For January, when solar radiation is typically low in the northern hemisphere, the average hourly forecast was for 1.01 MW of generation. This was very close to the actual average hourly generation of 1.07 MW. The monthly average of hourly absolute errors was 0.58, which is a small figure, but nonetheless produces a significant nMAE (54.21%) when divided by the low actual generation figure.
In April, the monthly average hourly absolute error was roughly three times greater (1.63) than in January, but because the actual generation figure was so much larger in April (5.53 MW/h) the nMAE score was minimized (29.48%).
By comparison, the cnMAE score normalizes these error figures against the capacity of the installation (20 MW) instead of the actual generation figure. Relative to the large size of the solar farm, the forecasting error in January is quite small, and this is reflected in the cnMAEscore (2.88%). The April forecasting error was larger than the January error, and again, the cnMAE score (8.14%) reflects this.
cnMAE in Site Comparison
cnMAE also proves more useful than RMSE when comparing the accuracy of forecasts between solar installations of different sizes. Table 3 shows figures for the 20 MW solar farm from the examples above. Table 4 shows figures for a smaller installation, owned by the same IPP, that has a capacity of only 1.75MW.

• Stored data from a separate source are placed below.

-- ===== src/Lru/Give.antt =====
-- About `lru_allocate_page` and `lru_remove_page`.
use hemem.Prelude.{
  ℕ, ◌+◌, ◌<◌, ◌≡◌, refl, ap, ◌∙◌, sym, subst, ==_refl, Bool, true, false, not, none, some, ltb,
  Ptr, arith, Option-cases, inl, inr, is_null, Returns, returns, bind, check,
}
use hemem.Fifo.Moves.{entries, Dequeued}
use hemem.Memory.Page.{Page}
use hemem.Memory.Kernel.{Env}
use hemem.Memory.State.{State, set_store}
use hemem.Pebs.Lists.{list_of, enqueue}
use hemem.Pebs.Alloc.{set_present}
use hemem.Pebs.Invariant.Steps.{Relinked, page-Relinked, dequeue_lem, remove_lem, TakenFrom}
use hemem.Pebs.Invariant.Move.{Replaced}
use hemem.Lru.Lists.{
  lru_dram_free_list, lru_nvm_free_list, lru_free_list_of, first_list_of, is_lru_dram, is_lru_free,
}
use hemem.Lru.Policy.{
  lru_allocate_page, lru_allocate_dram, lru_allocate_nvm, lru_remove_page, take_back,
}
use hemem.Lru.Invariant.{LruInv, LruFits, requeue_lem}

-- A page with the same tier and frame fits another list of the tier.
LruFits-move :
    (e : Env) (pg x : Page) (l l' : ℕ)
    → LruFits e (some l) pg
    → x.in_dram ≡ pg.in_dram
    → x.devdax_offset ≡ pg.devdax_offset
    → x.pt ≡ pg.pt
    → l' < 8
    → pg.in_dram ≡ is_lru_dram l'
    → x.present ≡ not (is_lru_free l')
    → LruFits e (some l') x
LruFits-move e pg x l l' f d o t lt tier used = record {
  known = λ k eq. ground arith;
  tier = λ k eq. ground arith;
  live = λ h. refl;
  used = λ k eq. ground arith;
  placed = λ k eq. rw (d, o, t) (f.placed l refl);
  huge = λ k eq. rw t (f.huge l refl);
}

-- Page `p` came off the free list of its tier, is in use, and is on the active list of its tier; all
-- else is as it was.
pub record LruAllocated {Table : Type 0} (s : State Table) (p : ℕ) (s' : State Table) : Type 0 where
  pub tier : (s.page p).in_dram ≡ ltb 0 (entries s.store lru_dram_free_list)
  pub was : list_of s p ≡ some (lru_free_list_of (s.page p).in_dram)
  pub unused : (s.page p).present ≡ false
  pub now :
      Replaced p (first_list_of (s.page p).in_dram) (record (s.page p) { present = true }) s s'

-- Page `p` is off its list, not in use, and on the free list of its tier.
abbrev pub LruRemoved : {Table : Type 0} → ℕ → State Table → State Table → Type 0
LruRemoved p s s' =
    Replaced p (lru_free_list_of (s.page p).in_dram) (record (s.page p) { present = false }) s s'

module _ {e : Env} {n : ℕ} {s : State e.table.Table} (inv : LruInv e n s) where
  abbrev Result : ℕ × State e.table.Table → Type 0
  Result (p, s') = LruInv e n s' × LruAllocated s p s'

  put_active :
      (p : ℕ) (d : Bool) (s1 : State e.table.Table)
      → Relinked s s1 × Dequeued p (lru_free_list_of d) s.store s1.store
      → (s.page p).in_dram ≡ d
      → Returns
          (λ s'.
            LruInv e n s'
            × Replaced p (first_list_of d) (record (s.page p) { present = true }) s s')
          (enqueue (first_list_of d) p (set_present p s1))
  put_active p d s1 out is = rw (page-Relinked s s1 p out.0) (
      requeue_lem p inv (lru_free_list_of d) (first_list_of d)
        (record (s.page p) { present = true })
        (LruFits-move e (s.page p) _ (lru_free_list_of d) (first_list_of d)
          (rw out.1.was at (inv.fits p)) refl refl refl (ground arith) (ground arith)
          (ground arith))
        refl refl s1 out (ground arith) (ground arith))

  back :
      (p : ℕ) (d : Bool) (s2 : State e.table.Table)
      → (s.page p).in_dram ≡ d
      → Replaced p (first_list_of d) (record (s.page p) { present = true }) s s2
      → Replaced p (first_list_of (s.page p).in_dram) (record (s.page p) { present = true }) s s2
  back p d s2 is =
      subst (λ t. Replaced p (first_list_of t) (record (s.page p) { present = true }) s s2) (sym is)

  from_dram :
      (p : ℕ) (s1 : State e.table.Table)
      → Relinked s s1 × Dequeued p lru_dram_free_list s.store s1.store
      → Returns Result (lru_allocate_dram (some p) s1)
  from_dram p s1 out =
      let d : (s.page p).in_dram ≡ true = (inv.fits p).tier 3 out.1.was in
      let free : (s.page p).present ≡ false = (inv.fits p).used 3 out.1.was in
      let same = page-Relinked s s1 p out.0 in
      check (s1.page p).in_dram (ground arith) (
        check (not (s1.page p).present) (ground arith) (
          bind (put_active p true s1 out d) λ s2 (inv', now). returns (
            inv',
            record {
              tier = ground (arith, out.1.count 3);
              was = rw d out.1.was;
              unused = free;
              now = back p true s2 d now;
            },
          )))

  from_nvm :
      (p : ℕ) (s1 : State e.table.Table)
      → entries s.store lru_dram_free_list ≡ 0
      → Relinked s s1 × Dequeued p lru_nvm_free_list s.store s1.store
      → Returns Result (lru_allocate_nvm (some p) s1)
  from_nvm p s1 none_free out =
      let d : (s.page p).in_dram ≡ false = (inv.fits p).tier 7 out.1.was in
      let free : (s.page p).present ≡ false = (inv.fits p).used 7 out.1.was in
      let same = page-Relinked s s1 p out.0 in
      check (not (s1.page p).in_dram) (ground arith) (
        check (not (s1.page p).present) (ground arith) (
          bind (put_active p false s1 out d) λ s2 (inv', now). returns (
            inv',
            record {
              tier = ground arith;
              was = rw d out.1.was;
              unused = free;
              now = back p false s2 d now;
            },
          )))

  nvm_step :
      (s1 : State e.table.Table)
      → entries s.store lru_dram_free_list ≡ 0
      → 0 < entries s.store lru_dram_free_list + entries s.store lru_nvm_free_list
      → s1 ≡ s
      → Returns Result (lru_allocate_dram none s1)
  nvm_step s1 none_free some_free same =
      rw same (bind (dequeue_lem lru_nvm_free_list s inv.well) go)
    where
      go :
          (r : Ptr × State e.table.Table)
          → TakenFrom lru_nvm_free_list s r
          → Returns Result (lru_allocate_nvm r.0 r.1)
      go (none, s2) (eq, taken) = absurd (omega (arith, taken.1))
      go (some p, s2) out = from_nvm p s2 none_free out

  -- `lru_allocate_page` while a free page is left: no assertion fails; the page comes from the free
  -- list of DRAM whenever that is not empty, and from that of NVM otherwise; it was not in use, is
  -- marked as in use and goes on the active list of its tier; no other page and no other part of the
  -- state changes, and the invariant holds again.
  pub lru_allocate_page_lem :
      0 < entries s.store lru_dram_free_list + entries s.store lru_nvm_free_list
      → Returns (λ (p, s'). LruInv e n s' × LruAllocated s p s') (lru_allocate_page s)
  unfolding lru_allocate_page
  lru_allocate_page_lem some_free = bind (dequeue_lem lru_dram_free_list s inv.well) go
    where
      go :
          (r : Ptr × State e.table.Table)
          → TakenFrom lru_dram_free_list s r
          → Returns Result (lru_allocate_dram r.0 r.1)
      go (none, s1) (eq, taken) =
          nvm_step s1 taken.1 some_free (eq ∙ ap (λ m. set_store s m) taken.0)
      go (some p, s1) out = from_dram p s1 out

  take_back_lem :
      (p l : ℕ)
      → list_of s p ≡ some l
      → Returns (λ s'. LruInv e n s' × LruRemoved p s s') (take_back (some l) p s)
  take_back_lem p l at_l =
      let f = inv.fits p in
      bind (remove_lem l p s inv.well at_l) λ s1 out.
        simp (page-Relinked s s1 p out.0, ==_refl)
          (requeue_lem p inv l (lru_free_list_of (s.page p).in_dram)
            (record (s.page p) { present = false })
            (LruFits-move e (s.page p) _ l _ (rw at_l at f) refl refl refl (ground arith)
              (ground arith) (ground arith))
            refl refl s1 out (f.known l at_l) (ground arith))

  -- `lru_remove_page` of a listed page, outside a scan: no assertion fails, the page goes from its
  -- list to the free list of its tier and is not in use any more, no other page and no other part of
  -- the state changes, and the invariant holds again.
  pub lru_remove_page_lem :
      (p : ℕ)
      → s.lru.in_kscand ≡ false
      → is_null (list_of s p) ≡ false
      → Returns (λ s'. LruInv e n s' × LruRemoved p s s') (lru_remove_page p s)
  unfolding lru_remove_page
  lru_remove_page_lem p quiet listed =
      check (not s.lru.in_kscand) (ground arith) (elim (Option-cases (list_of s p)) [
        | inl off ↦ absurd (ground arith)
        | inr (l, at_l) ↦ rw at_l (take_back_lem p l at_l)
      ])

Note that the absolute error is the same but on different hours for the two different solar farms. Relative to capacity of the 20 MW installation, the error is rather small, whereas it represents a much greater proportion of the potential capacity of the 1.75 MW installation. The RMSE score, which is the same in both tables, doesn’t reflect this perspective at all. cnMAE does, however, making it a useful metric for making comparisons and prioritizations within a portfolio.
In Conclusion
Predictive error, though inevitable, can have a profound impact on decision making and outcomes that rely on forecasting in the utility industry. Solar and wind forecasting will continue to grow in importance for the operations of utilities and IPPs, as well as for the speculative decisions of energy traders. To accelerate the maturity of renewable asset forecasting in the market, Amperon believes the industry should coalesce around a single, well-suited measure of predictive error. In our experience, cnMAE is the best option.